*** DATA EXCERPTS Section Begins ***
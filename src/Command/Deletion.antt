-- ===== src/Command/Deletion.antt =====
-- `cmd_backspace`, and its undoing by `cmd_insert`, on a node that shows well-formed text.
use vjft.Prelude.{ℕ, ◌+◌, ◌-◌, ◌≤◌, ◌≡◌, refl, ap, ◌∙◌, sym, false, ◌≢◌}
use vjft.Prelude.{List, ◌++◌, length, take, drop, if◌then◌else◌, some}
use vjft.Prelude.{ℤ, pos, negsuc, ◌-ℤ◌, arith, ok, ◌>>=◌, length-append, ltb_ℤ, eqb_ℤ}
use vjft.Prelude.{take-append-drop, All-take, All-drop, All-append, drop-add, length-drop}
use vjft.Prelude.{take-append_length, drop-append_length, subst}
use vjft.Utf8.Chars.{
  IsChar, encode, encode-append, offset, length-take_le, take-offset, drop-offset,
}
use vjft.Utf8.Chars.{take-drop-offset}
use vjft.Utf8.Walk.{utf8_byte_offset-encode}
use vjft.Edit.{upd_insert}
use vjft.Msg.{MsgNode}
use vjft.World.{CmdFunc, InputEvent, World, eq_cmd?}
use vjft.Action.{recorded, mng_act}
use vjft.Edit.Shows.{Shows}
use vjft.Edit.Insert.{offset-le, splice, inserted, upd_insert-Shows}
use vjft.Command.Insertion.{top_cmd, kept, recorded_fresh}
use vjft.Command.{string_at, backspace_count, join_deleted, delete_back, cmd_backspace}

-- The node after the characters from index `j` to the cursor at `k` are gone. The marker stays.
abbrev pub deleted : MsgNode → List (List ℕ) → ℕ → ℕ → MsgNode
deleted node cs j k = record node { text = encode (take j cs ++ drop k cs); cursor_pos = pos j }

-- The new position: `count` characters back, and not before the start.
new_position :
    (k count : ℕ)
    → (let moved = pos k -ℤ pos count in if ltb_ℤ moved (pos 0) then pos 0 else moved)
      ≡ pos (k - count)
new_position k count = ground arith

not_start : (k : ℕ) → k ≢ 0 → eqb_ℤ (pos k) (pos 0) ≡ false
not_start k h = ground arith

-- The test that should move the marker compares it with itself.
marker_stays : (m : ℤ) (count : ℕ) → (if ltb_ℤ m m then m -ℤ pos count else m) ≡ m
marker_stays (pos n) count = ground arith
marker_stays (negsuc n) count = ground arith

taken :
    (j k : ℕ) (cs : List (List ℕ))
    → j ≤ k
    → take (offset k cs - offset j cs) (drop (offset j cs) (encode cs))
      ≡ encode (take (k - j) (drop j cs))
taken j k cs le =
    let whole : j + (k - j) ≡ k = omega arith in
    subst
      (λ (n : ℕ).
        take (offset n cs - offset j cs) (drop (offset j cs) (encode cs))
        ≡ encode (take (k - j) (drop j cs)))
      whole (take-drop-offset j (k - j) cs)

string_at-offset :
    (k : ℕ) (cs : List (List ℕ)) → string_at (encode cs) (offset k cs) ≡ ok (encode (drop k cs))
unfolding string_at
string_at-offset k cs = rw (string_at, offset-le k cs, drop-offset k cs) refl

left_over :
    (j k : ℕ) (cs : List (List ℕ))
    → take (offset j cs) (encode cs) ++ encode (drop k cs) ≡ encode (take j cs ++ drop k cs)
left_over j k cs = rw (take-offset j cs, encode-append (take j cs) (drop k cs)) refl

delete_back-Shows :
    (world : World) (node : MsgNode) (event : InputEvent) (cs : List (List ℕ)) (k count : ℕ)
    → Shows node cs k
    → delete_back world node event count ≡ (
        join_deleted
          (encode (take (k - (k - count)) (drop (k - count) cs)))
          (recorded world event CmdFunc.cmd_backspace).1
        >>= λ act. ok (
          (recorded world event CmdFunc.cmd_backspace).0,
          deleted node cs (k - count) k,
          some act,
        ))
unfolding delete_back mng_act
delete_back-Shows world node event cs k count h =
    rw (h.cursor, h.text, utf8_byte_offset-encode k cs h.valid, new_position k count)
      (rw (utf8_byte_offset-encode (k - count) cs h.valid, ◌>>=◌, string_at-offset k cs, ◌>>=◌)
        (rw (taken (k - count) k cs (omega arith), left_over (k - count) k cs, marker_stays) refl))

-- `cmd_backspace`, up to what its action records.
pub cmd_backspace-Shows :
    (world : World) (node : MsgNode) (event : InputEvent) (cs : List (List ℕ)) (k count : ℕ)
    → Shows node cs k
    → k ≢ 0
    → backspace_count event ≡ ok count
    → cmd_backspace world node event ≡ (
        join_deleted
          (encode (take (k - (k - count)) (drop (k - count) cs)))
          (recorded world event CmdFunc.cmd_backspace).1
        >>= λ act. ok (
          (recorded world event CmdFunc.cmd_backspace).0,
          deleted node cs (k - count) k,
          some act,
        ))
unfolding cmd_backspace
cmd_backspace-Shows world node event cs k count h ne c =
    let start : eqb_ℤ node.cursor_pos (pos 0) ≡ false = ground (arith, h.cursor, not_start k ne) in
    rw (start, cmd_backspace, c) (delete_back-Shows world node event cs k count h)

-- On well-formed text with the cursor not at the start, and where no deletion is on top of the
-- undo stack, cmd_backspace deletes the characters before the cursor that backspace_count asks
-- for, at most to the start of the text, moves the cursor there, leaves the marker, and returns a
-- new action that holds their bytes; the undo stack keeps what it had, and gets a null pointer if
-- it was empty.
pub cmd_backspace-records :
    (world : World) (node : MsgNode) (event : InputEvent) (cs : List (List ℕ)) (k count : ℕ)
    → Shows node cs k
    → k ≢ 0
    → backspace_count event ≡ ok count
    → eq_cmd? (top_cmd world.undo_stack) CmdFunc.cmd_backspace ≡ false
    → cmd_backspace world node event
      ≡ ok (
        record world { undo_stack = kept world.undo_stack },
        deleted node cs (k - count) k,
        some (record {
          cmd_fn = event.cmd_fn;
          seq = some (encode (take (k - (k - count)) (drop (k - count) cs)));
          cnt = 1;
        }),
      )
unfolding join_deleted
cmd_backspace-records world node event cs k count h ne c other =
    cmd_backspace-Shows world node event cs k count h ne c
    ∙ rw (recorded_fresh world event CmdFunc.cmd_backspace other) refl

pub deleted-Shows :
    (node : MsgNode) (cs : List (List ℕ)) (j k : ℕ)
    → Shows node cs k
    → j ≤ k
    → Shows (deleted node cs j k) (take j cs ++ drop k cs) j
deleted-Shows node cs j k h le = record {
  valid =
      All-append IsChar (take j cs) _ (All-take IsChar j cs h.valid) (All-drop IsChar k cs h.valid);
  text = refl;
  cursor = refl;
  within = omega (
    arith,
    length-append {0} (take j cs) (drop k cs),
    length-take_le j cs (omega (arith, h.within)),
  );
}

splice_back :
    (cs : List (List ℕ)) (j k : ℕ)
    → j ≤ k
    → k ≤ length cs
    → splice j (take (k - j) (drop j cs)) (take j cs ++ drop k cs) ≡ cs
splice_back cs j k le within =
    let size = length-take_le j cs (omega arith) in
    let whole : j + (k - j) ≡ k = omega arith in
    let rest : drop k cs ≡ drop (k - j) (drop j cs) =
      ap (λ (n : ℕ). drop n cs) (sym whole) ∙ drop-add j (k - j) cs in
    let front : take j (take j cs ++ drop k cs) ≡ take j cs =
      ap (λ (n : ℕ). take n (take j cs ++ drop k cs)) (sym size)
      ∙ take-append_length (take j cs) _ in
    let back : drop j (take j cs ++ drop k cs) ≡ drop k cs =
      ap (λ (n : ℕ). drop n (take j cs ++ drop k cs)) (sym size)
      ∙ drop-append_length (take j cs) _ in
    rw (front, back, rest, take-append-drop (k - j) (drop j cs), take-append-drop j cs) refl

-- upd_insert of the bytes that a deletion took from well-formed text, at the cursor that it left,
-- gives back text and cursor; only the marker may differ.
pub upd_insert-deleted :
    (node : MsgNode) (event : InputEvent) (cs : List (List ℕ)) (j k : ℕ)
    → Shows node cs k
    → j ≤ k
    → event.seq ≡ some (encode (take (k - j) (drop j cs)))
    → (marker : ℤ) × (upd_insert (deleted node cs j k) event
        ≡ ok (record node { marker_pos = marker }))
upd_insert-deleted node event cs j k h le e =
    let taken_size : length (take (k - j) (drop j cs)) ≡ k - j =
      length-take_le (k - j) (drop j cs) (omega (arith, h.within, length-drop {0} j cs)) in
    let cursor : j + length (take (k - j) (drop j cs)) ≡ k = omega (arith, taken_size) in
    (
      (inserted (deleted node cs j k) cs j (length (take (k - j) (drop j cs)))).marker_pos,
      upd_insert-Shows (deleted node cs j k) event (take j cs ++ drop k cs)
            (take (k - j) (drop j cs)) j (deleted-Shows node cs j k h le)
            (All-take IsChar (k - j) (drop j cs) (All-drop IsChar j cs h.valid)) e
          ∙ rw (splice_back cs j k le h.within) (
              ap
                (λ (c : ℕ). ok (record {
                  text = encode cs;
                  cursor_pos = pos c;
                  marker_pos =
                      (inserted (deleted node cs j k) cs j
                        (length (take (k - j) (drop j cs)))).marker_pos;
                }))
                cursor
              ∙ rw (h.text, h.cursor) refl),
    )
*** DATA EXCERPTS Section Ends ***
» HOW TO COMPLETE THIS TASK: Every line in the entries above that mentions the word "false" must be shown.

» ANSWER SPACE:
use vjft.Prelude.{ℕ, ◌+◌, ◌-◌, ◌≤◌, ◌≡◌, refl, ap, ◌∙◌, sym, false, ◌≢◌}
not_start : (k : ℕ) → k ≢ 0 → eqb_ℤ (pos k) (pos 0) ≡ false
    let start : eqb_ℤ node.cursor_pos (pos 0) ≡ false = ground (arith, h.cursor, not_start k ne) in
    → eq_cmd? (top_cmd world.undo_stack) CmdFunc.cmd_backspace ≡ false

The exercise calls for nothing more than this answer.